# EXERCISE DETAILS
Using the listing that follows, filter out every line lacking the string "true" and return the rest.

[[ RECORDS SHOWN open ]]

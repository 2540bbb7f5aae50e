-- ===== src/Doctor.antt =====
-- internal/doctor/doctor.go: the self diagnostics. What the checks ask of the system, of YAML, YARA and
-- the database are parameters; the check of the policies runs the policies' own validation.
pub mod Verdict
mod Tests
use aegis_edr.Prelude.{
  ℕ, ℤ, pos, String, Bool, true, false, not, ◌&&◌, if◌then◌else◌, Option, none, some, List, [], ◌∷◌,
  ◌++◌, ◌==◌, string_eq, int_eq, ◌^^◌, show_int,
}
use aegis_edr.Policy.{Policy, action_allow, validate_policy, error_text}
use aegis_edr.Sigma
use aegis_edr.Sigma.{add_rule, new_engine}

abbrev pub status_ok : String
status_ok = "OK"

abbrev pub status_warn : String
status_warn = "WARN"

abbrev pub status_fail : String
status_fail = "FAIL"

pub record ComponentCheck : Type 0 where
  pub name : String
  pub status : String
  pub details : String

pub record DoctorReport : Type 0 where
  pub timestamp : ℕ
  pub checks : List ComponentCheck
  pub overall : String

-- config.LoadConfig, as far as the checks read it; the error's text.
pub data LoadedConfig : Type 0 where
  refused : String → LoadedConfig
  -- Telemetry.ProcessMonitoring and Storage.Path
  loaded : Bool → String → LoadedConfig

-- What the checks find; a text is that of an error.
pub record System : Type 0 where
  pub now : ℕ
  pub has_logger : Bool
  pub config : LoadedConfig
  -- sql.Open and the ping, for a path.
  pub open_error : String → Option String
  pub ping_error : String → Option String
  -- yara.NewEngine and the scan.
  pub yara_error : Option String
  pub scan_error : Option String
  -- yaml.Unmarshal of a Sigma rule, and the text of its error.
  pub unmarshal : String → Option Sigma.Rule
  pub unmarshal_error : String → String
  pub uid : ℤ
  pub write_error : Option String
  -- The megabytes in use and those of the system, with two digits after the point.
  pub allocated : String
  pub sys : String
  -- Does https://github.com answer in two seconds?
  pub is_online : Bool

append_check : DoctorReport → String → String → String → DoctorReport
append_check r name status details = record r {
  checks = r.checks ++ record { name = name; status = status; details = details } ∷ [];
}

-- The policy of the check, in which every field but these is zero.
abbrev pub doctor_policy : Policy ℕ
doctor_policy = record {
  id = "doctor-test";
  parent_id = "";
  rules =
      record {
        id = "r1";
        name = "Test rule";
        action = action_allow;
        process_path = "/bin/sh";
        risk_score = 0;
      }
      ∷ [];
  version = pos 0;
}

abbrev pub doctor_rule : String
doctor_rule =
    "\ntitle: Test Rule\nlogsource:\n  category: process_creation\ndetection:\n  selection:\n    Image: '/bin/sh'\n  condition: selection\n"

module _ (system : System) where
  open system use {
    has_logger, config, open_error, ping_error, yara_error, scan_error, unmarshal, unmarshal_error,
    uid, write_error, allocated, sys, is_online,
  }

  check_logger : DoctorReport → DoctorReport
  check_logger r =
      if has_logger
      then append_check r "Logger" status_ok "Global logger initialized successfully"
      else append_check r "Logger" status_fail "Global logger is nil"

  check_config : DoctorReport → DoctorReport
  check_config r = elim config [
    | refused err ↦
        append_check r "Configuration" status_fail ("Failed to load configs/aegis.yaml: " ^^ err)
    | loaded process_monitoring _ ↦ append_check r "Configuration" status_ok (
        "Loaded configuration successfully. Process monitoring: "
        ^^ (if process_monitoring then "true" else "false"))
  ]

  pub db_path : String
  db_path = elim config [
    | refused _ ↦ "telemetry.db"
    | loaded _ path ↦ if path == "" then "telemetry.db" else path
  ]

  check_database : DoctorReport → DoctorReport
  check_database r = elim (open_error db_path) [
    | some err ↦ append_check r "Database" status_fail ("Failed to open sqlite db file: " ^^ err)
    | none ↦ elim (ping_error db_path) [
      | some err ↦ append_check r "Database" status_fail ("Failed to ping sqlite database: " ^^ err)
      | none ↦ append_check r "Database" status_ok "SQLite database connections OK"
    ]
  ]

  check_policies : DoctorReport → DoctorReport
  check_policies r = elim (validate_policy doctor_policy) [
    | some err ↦
        append_check r "Policies" status_fail
          ("Policy Engine validation checks failed: " ^^ error_text err)
    | none ↦ append_check r "Policies" status_ok "Policy Engine rule mapping validation operational"
  ]

  check_yara : DoctorReport → DoctorReport
  check_yara r = elim yara_error [
    | some err ↦ append_check r "YARA" status_fail ("Failed to initialize YARA scanner: " ^^ err)
    | none ↦ elim scan_error [
      | some err ↦ append_check r "YARA" status_fail ("YARA scanning failed: " ^^ err)
      | none ↦ append_check r "YARA" status_ok "YARA signature scanning engine fully operational"
    ]
  ]

  check_sigma : DoctorReport → DoctorReport
  check_sigma r =
      if (add_rule unmarshal new_engine doctor_rule).1
      then append_check r "Sigma" status_ok "Sigma rule loading and syntax parser operational"
      else append_check r "Sigma" status_fail
          ("Failed to register Sigma rule parser: " ^^ unmarshal_error doctor_rule)

  check_permissions : DoctorReport → DoctorReport
  check_permissions r =
      if uid == pos 0
      then append_check r "Permissions" status_ok "Running with administrative root permissions"
      else append_check r "Permissions" status_warn (
          "Agent running with non-root UID "
          ^^ show_int uid
          ^^ ". Host containment may be unavailable")

  check_filesystem : DoctorReport → DoctorReport
  check_filesystem r = elim write_error [
    | some err ↦ append_check r "Filesystem" status_fail ("Filesystem write test failed: " ^^ err)
    | none ↦ append_check r "Filesystem" status_ok "Permissions to read/write tmp structures OK"
  ]

  check_memory : DoctorReport → DoctorReport
  check_memory r =
      append_check r "Memory" status_ok
        ("Memory Footprint: Allocated: " ^^ allocated ^^ " MB | Sys: " ^^ sys ^^ " MB")

  check_plugins : DoctorReport → DoctorReport
  check_plugins r = append_check r "Plugins" status_ok "SDK dynamic plugin boundaries OK"

  check_threat_intel : DoctorReport → DoctorReport
  check_threat_intel r = append_check r "Threat Intel" status_ok "Indicators caching maps verified"

  check_updates : DoctorReport → DoctorReport
  check_updates r =
      if is_online
      then append_check r "Updates" status_ok "Connectivity to remote updates servers OK"
      else append_check r "Updates" status_warn
          "Network updates server unreachable (running offline mode fallback)"

  -- The twelve checks, in the order of Run.
  all_checks : DoctorReport → DoctorReport
  all_checks r = check_updates (
      check_threat_intel (
        check_plugins (
          check_memory (
            check_filesystem (
              check_permissions (
                check_sigma (
                  check_yara
                    (check_policies (check_database (check_config (check_logger r)))))))))))

-- The loop over the checks, which a failure leaves; the status so far.
pub overall_of : String → List ComponentCheck → String
overall_of overall [] = overall
overall_of overall (check ∷ checks) =
    let warned = overall_of status_warn checks in
    let same = overall_of overall checks in
    if check.status == status_fail
    then status_fail
    else if check.status == status_warn && not (overall == status_fail)
    then warned
    else same

-- Run, whose error is always nil.
pub run : System → DoctorReport
unfolding all_checks
run system =
    let r =
      all_checks system (record { timestamp = system.now; checks = []; overall = status_ok }) in
    record r { overall = overall_of r.overall r.checks }

abbrev pub status_symbol : ComponentCheck → String
status_symbol check =
    if check.status == status_fail
    then "[✗]"
    else if check.status == status_warn
    then "[!]"
    else "[✓]"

[[ RECORDS SHOWN closed ]]

# RESPONSE AREA
  ℕ, ℤ, pos, String, Bool, true, false, not, ◌&&◌, if◌then◌else◌, Option, none, some, List, [], ◌∷◌,
        ^^ (if process_monitoring then "true" else "false"))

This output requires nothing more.